Poem: Matisse Cut-Outs, and a nod to David Hockney

Matisse, The Parakeet and the Mermaid, 1952

I shared a poem with you last week – What the space holds. Writing that poem reminded me of the extraordinary Matisse cut-outs, imagining the negative spaces left when his scissors had finished thier task. I realised that I’d never shared with you a poem I wrote about those works…..

Tate Modern in London had a very beautiful exhibition some years ago, in 2014, of these late and astonishing cut-outs. I was deeply moved by what we saw and experienced. You can still buy the catalogue from The Tate – and other places too – if you’re interested. As ever, as a book that accompanies a major exhibition, it is a revealing and insightful exploration of the work.

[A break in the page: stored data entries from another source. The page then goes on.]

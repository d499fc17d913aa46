-- ===== src/Markets/Labels/Reading.antt =====
-- What can be read back from a label, and what cannot.
use chiliztv_com.Base.{
  ◌==◌, ◌&&◌, ◌||◌, not, str_eq, Bool, inr, inl, ◌∙◌, sym, ap, ◌⊎◌, text_eq, ◌≤◌, ℕ, ◌/◌, ◌%◌, [],
  ◌∷◌, ◌++◌, ◌≡◌, refl, arith, Text, codes, All,
}
use chiliztv_com.Base.Decimal.{decimal, decimal-IsDigit, decimal-injective, IsDigit}
use chiliztv_com.Markets.Manifest.{DefaultMarketSpec}
use chiliztv_com.Markets.Labels.{
  BetLabel, line_tenths, label, market_of, label_in, goals_label, BetLabelArgs,
  selection_to_bet_label, line_label,
}

head_eq : (a b : ℕ) (s t : Text) → a ∷ s ≡ b ∷ t → a ≡ b
head_eq a b s t e = cc e

tail_eq : (a b : ℕ) (s t : Text) → a ∷ s ≡ b ∷ t → s ≡ t
tail_eq a b s t e = cc e

-- Two runs of digits that each end at a point: both parts agree.
point_split :
    (s t u v : Text)
    → All IsDigit s
    → All IsDigit t
    → s ++ b'.' ∷ u ≡ t ++ b'.' ∷ v
    → (s ≡ t) × (u ≡ v)
point_split [] [] u v h k e = (refl, tail_eq b'.' b'.' u v e)
point_split [] (b ∷ t) u v h (k, _) e =
    absurd (omega (arith, head_eq b'.' b u (t ++ b'.' ∷ v) e, k))
point_split (a ∷ s) [] u v (h, _) k e =
    absurd (omega (arith, head_eq a b'.' (s ++ b'.' ∷ u) v e, h))
point_split (a ∷ s) (b ∷ t) u v (h, hs) (k, ks) e =
    let (same, rest) = point_split s t u v hs ks (tail_eq a b (s ++ b'.' ∷ u) (t ++ b'.' ∷ v) e) in
    (cc (same, head_eq a b (s ++ b'.' ∷ u) (t ++ b'.' ∷ v) e), rest)

-- A printed line reads back as the tenths that it was printed from.
line_label-injective : (m n : ℕ) → line_label m ≡ line_label n → m ≡ n
unfolding line_label
line_label-injective m n e =
    let (whole, tenth) =
      point_split (decimal (m / 10)) (decimal (n / 10)) (decimal (m % 10)) (decimal (n % 10))
        (decimal-IsDigit (m / 10)) (decimal-IsDigit (n / 10)) e in
    omega
      (arith, decimal-injective (m / 10) (n / 10) whole, decimal-injective (m % 10) (n % 10) tenth)

under_eq : (s t : Text) → codes "Under " ++ s ≡ codes "Under " ++ t → s ≡ t
under_eq s t e = cc e

goals_of :
    (args : BetLabelArgs)
    → market_of args.market_type ≡ codes "GOALS_TOTAL"
    → selection_to_bet_label args ≡ goals_label args
unfolding selection_to_bet_label label_in text_eq
goals_of args h = ap (λ m. label_in m args) h

under_display :
    (args : BetLabelArgs)
    → args.selection ≡ 0
    → (goals_label args).display ≡ codes "Under " ++ line_label (line_tenths args.line)
unfolding goals_label label
under_display args h = rw h refl

over_display :
    (args : BetLabelArgs)
    → args.selection ≡ 1
    → (goals_label args).display ≡ codes "Over " ++ line_label (line_tenths args.line)
unfolding goals_label label
over_display args h = rw h refl

over_eq : (s t : Text) → codes "Over " ++ s ≡ codes "Over " ++ t → s ≡ t
over_eq s t e = cc e

-- On the goals markets two bets, on under or over, read alike only if they agree on the side and on
-- the line, where a missing line counts as 2.5.
pub goals_display-injective :
    (a b : BetLabelArgs)
    → market_of a.market_type ≡ codes "GOALS_TOTAL"
    → market_of b.market_type ≡ codes "GOALS_TOTAL"
    → a.selection ≤ 1
    → b.selection ≤ 1
    → (selection_to_bet_label a).display ≡ (selection_to_bet_label b).display
    → (a.selection ≡ b.selection) × (line_tenths a.line ≡ line_tenths b.line)
goals_display-injective a b ga gb sa sb e =
    let shown =
      ap (λ (l : BetLabel). l.display) (sym (goals_of a ga))
      ∙ e
      ∙ ap (λ (l : BetLabel). l.display) (goals_of b gb) in
    elim (sides a.selection b.selection sa sb) [
      | inl (x, y) ↦
          let lines = under_eq _ _ (sym (under_display a x) ∙ shown ∙ under_display b y) in
          (x ∙ sym y, line_label-injective (line_tenths a.line) (line_tenths b.line) lines)
      | inr (inl (x, y)) ↦
          let lines = over_eq _ _ (sym (over_display a x) ∙ shown ∙ over_display b y) in
          (x ∙ sym y, line_label-injective (line_tenths a.line) (line_tenths b.line) lines)
      | inr (inr (inl (x, y))) ↦ absurd (
          omega (arith, head_eq b'U' b'O' _ _ (sym (under_display a x) ∙ shown ∙ over_display b y)))
      | inr (inr (inr (x, y))) ↦ absurd (
          omega (arith, head_eq b'O' b'U' _ _ (sym (over_display a x) ∙ shown ∙ under_display b y)))
    ]
  where
    sides :
        (m n : ℕ)
        → m ≤ 1
        → n ≤ 1
        → ((m ≡ 0) × (n ≡ 0)) ⊎ (((m ≡ 1) × (n ≡ 1)) ⊎ (((m ≡ 0) × (n ≡ 1)) ⊎ ((m ≡ 1) × (n ≡ 0))))
    sides m n h k = ground arith

-- A market of the final winner is seeded for a knockout alone, with two outcomes.
abbrev is_final : Bool → DefaultMarketSpec → Bool
is_final is_knockout s =
    not (str_eq s.market_type_name "FULL_TIME_WINNER") || (is_knockout && s.max_outcome == 2)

A thing that struck me was the contrast between the photos of the frail but engrossed artist, towards the end of his life, and the vibrant, joyful celebration of life itself that the cut-outs embodied. The vitatlity of the art he created sang from the walls. Finding it hard to make art in the ways he had before, he developed this extraordinary technique to transform his relatively confined spaces into a paradise of form and colour.

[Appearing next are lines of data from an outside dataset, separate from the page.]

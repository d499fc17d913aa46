-- ===== src/Markets/Sorting.antt =====
-- packages/domain/src/markets/sortMarketsByManifest.ts. `Array.prototype.sort` is stable; it is an
-- insertion from the end. An id is read as the number that `Number` makes of it.
pub mod Stable
use chiliztv_com.Base.{
  ℕ, ◌+◌, Bool, true, false, Option, none, some, List, [], ◌∷◌, ◌≡◌, ◌==◌, leb, if◌then◌else◌,
}
use chiliztv_com.Markets.Manifest.{DefaultMarketSpec, default_football_markets}

-- The index in the manifest, `orderById.get`.
unfoldable pub index_from : ℕ → List DefaultMarketSpec → ℕ → Option ℕ
index_from n [] id = none
index_from n (s ∷ specs) id =
    let later = index_from (n + 1) specs id in if s.market_id == id then some n else later

unfoldable pub order_by_id : ℕ → Option ℕ
order_by_id id = index_from 0 default_football_markets id

-- The comparison is not positive; a missing index is infinite, and two of them are equal.
unfoldable pub no_later : Option ℕ → Option ℕ → Bool
no_later _ none = true
no_later none (some _) = false
no_later (some a) (some b) = leb a b

unfoldable pub same_rank : Option ℕ → Option ℕ → Bool
same_rank none none = true
same_rank (some a) (some b) = a == b
same_rank _ _ = false

module _ {A : Type 0} (market_id : A → ℕ) where
  unfoldable pub rank : A → Option ℕ
  rank m = order_by_id (market_id m)

  unfoldable pub insert : A → List A → List A
  insert m [] = m ∷ []
  insert m (x ∷ xs) =
      let rest = insert m xs in if no_later (rank m) (rank x) then m ∷ x ∷ xs else x ∷ rest

  unfoldable pub sort_markets_by_manifest : List A → List A
  sort_markets_by_manifest [] = []
  sort_markets_by_manifest (m ∷ ms) = insert m (sort_markets_by_manifest ms)

  -- The first is displayed no later than the second.
  abbrev pub Ordered : A → A → Type 0
  Ordered a b = no_later (rank a) (rank b) ≡ true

I felt the deep wisdom of this response, this openness to beauty, to nature, to life as a whole. It seemed to offer a brightness that could illuminate our days.

Henri Matisse working on paper cut out. Undated photo. Getty images

Matisse Cut-Outs

The rooms are thick and warm
with people looking, in reverence.
There is a hush
as we move like pilgrims
through doorways
and spaces full of quiet light.

There are photographs of you, in bed,
or tucked in a chair, old and crumpled.
Yet, in your outstretched hand is that
long stick, tipped with charcoal,
drawing, drawing,
or a curling pile of paper at your feet,
unravelling from those black scissors.

When the outside became unreachable
you turned your rooms into a garden,
with swallows dancing on the walls,
and fig leaves, and pomegranates,
mermaids and stars.
You are covering your walls with
bright cut-outs that sway in the warm breeze,
lavender and myrtle, while you breathe deep. 

This is what you did
while pain nagged close,
while death grew closer.
You made the beauty
you could make.
You made joy visible.
You did not stop –
in the shadow of
so much destruction,
so much war-grief –
you kept the charcoal
and the scissors moving,
an Eden at your ending.

I thought again about this exhibition a few weeks ago when I went to the Lighroom at King’s Cross with my daughter to see David Hockney’s Bigger and Closer (not smaller and further away). I loved the way the projections immersed you in the work, especially the Spring pieces he’s been developing using an i-Pad. You felt the power and beauty of the trees bursing into life, the brightness of the green, the froth of the cow-parsley. I bought a book as a souvenir, Spring Cannot be Cancelled, which I’m currently reading. It’s particularly good at capturing the mood of lockdown in his Normandy studio, and the intensity of the observations of the arrival of spring that time of isolation and deep uncertainty generated.

I was wondering whether to couple these two art events together, I do hope Hockney has many more prolific years ahead to enrich us all. I do not mean to suggest that he is an artist at the end of his life. But it seems to me there is something in common between these two artists in the intensity, freedom and joy of their later work. There is a real clear-sightedness and poignancy in the appreciation of beauty, and an urgency too. There is a deep embodied wisdom and wonder which pours through to the viewer.

It reminds me of Mary Oliver’s “instructions for living a life”:

“Pay attention. Be astonished. Tell about it.”